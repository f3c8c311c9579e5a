-- ===== src/Store/Retention/Rollups.antt =====
-- store.py: the rollup table under `INSERT ... ON CONFLICT`.
use aws_ops_monitor.Prelude.{
  ℕ, ◌+◌, ◌≡◌, refl, ◌↔◌, true, List, [], ◌∷◌, map, arith, eq_iff, if◌then◌else◌, sum_by,
}
use aws_ops_monitor.Store.{Rollup, CounterRow}
use aws_ops_monitor.Store.Retention.{
  same_bucket, add_rollup, merge_rollup, merge_all, rollup_of, group_rows,
}

-- equal in the four columns of the key
pub record SameBucket (a b : Rollup) : Type 0 where
  pub bucket_start : a.bucket_start ≡ b.bucket_start
  pub source : a.source ≡ b.source
  pub name : a.name ≡ b.name
  pub labels_json : a.labels_json ≡ b.labels_json

pub same_bucket_iff : (a b : Rollup) → (same_bucket a b ≡ true) ↔ SameBucket a b
unfolding same_bucket
same_bucket_iff a b =
    ground
      (arith, eq_iff a.source b.source, eq_iff a.name b.name, eq_iff a.labels_json b.labels_json)

-- a column that `add_rollup` adds up
abbrev pub AddsUp : (Rollup → ℕ) → Type 0
AddsUp f = (old new : Rollup) → f (add_rollup old new) ≡ f old + f new

pub delta_value-AddsUp : AddsUp (λ r. r.delta_value)
unfolding add_rollup
delta_value-AddsUp old new = refl

pub reset_count-AddsUp : AddsUp (λ r. r.reset_count)
unfolding add_rollup
reset_count-AddsUp old new = refl

-- what a row adds to the total of a bucket
abbrev pub share : (Rollup → ℕ) → Rollup → Rollup → ℕ
share f k r = if same_bucket r k then f r else 0

-- the total of a column over the rows of one bucket
abbrev pub total : (Rollup → ℕ) → Rollup → List Rollup → ℕ
total f k = sum_by (share f k)

module _ (f : Rollup → ℕ) (adds : AddsUp f) (k : Rollup) where
  same_bucket-add_rollup :
      (old new : Rollup) → same_bucket (add_rollup old new) k ≡ same_bucket old k
  unfolding same_bucket add_rollup
  same_bucket-add_rollup old new = refl

  total-merge_rollup :
      (new : Rollup) (rs : List Rollup)
      → total f k (merge_rollup new rs) ≡ share f k new + total f k rs
  unfolding merge_rollup
  total-merge_rollup new [] = refl
  total-merge_rollup new (r ∷ rs) = ground (
    arith,
    total-merge_rollup new rs,
    same_bucket-add_rollup r new,
    adds r new,
    same_bucket_iff r new,
    same_bucket_iff r k,
    same_bucket_iff new k,
  )

  pub total-merge_all :
      (new rs : List Rollup) → total f k (merge_all new rs) ≡ total f k new + total f k rs
  unfolding merge_all
  total-merge_all [] rs = omega arith
  total-merge_all (r ∷ new) rs =
      omega (arith, total-merge_all new (merge_rollup r rs), total-merge_rollup r rs)

  pub total-group_rows :
      (rows : List CounterRow) → total f k (group_rows rows) ≡ total f k (map rollup_of rows)
  unfolding group_rows
  total-group_rows rows = omega (arith, total-merge_all (map rollup_of rows) [])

----------------------------------------

REQUIREMENT: Once the line with "(old new : Rollup) → same_bucket" is located in the data above, repeat it and every later line through the end, exactly.

REPLY TO THE TASK:
      (old new : Rollup) → same_bucket (add_rollup old new) k ≡ same_bucket old k
  unfolding same_bucket add_rollup
  same_bucket-add_rollup old new = refl

  total-merge_rollup :
      (new : Rollup) (rs : List Rollup)
      → total f k (merge_rollup new rs) ≡ share f k new + total f k rs
  unfolding merge_rollup
  total-merge_rollup new [] = refl
  total-merge_rollup new (r ∷ rs) = ground (
    arith,
    total-merge_rollup new rs,
    same_bucket-add_rollup r new,
    adds r new,
    same_bucket_iff r new,
    same_bucket_iff r k,
    same_bucket_iff new k,
  )

  pub total-merge_all :
      (new rs : List Rollup) → total f k (merge_all new rs) ≡ total f k new + total f k rs
  unfolding merge_all
  total-merge_all [] rs = omega arith
  total-merge_all (r ∷ new) rs =
      omega (arith, total-merge_all new (merge_rollup r rs), total-merge_rollup r rs)

  pub total-group_rows :
      (rows : List CounterRow) → total f k (group_rows rows) ≡ total f k (map rollup_of rows)
  unfolding group_rows
  total-group_rows rows = omega (arith, total-merge_all (map rollup_of rows) [])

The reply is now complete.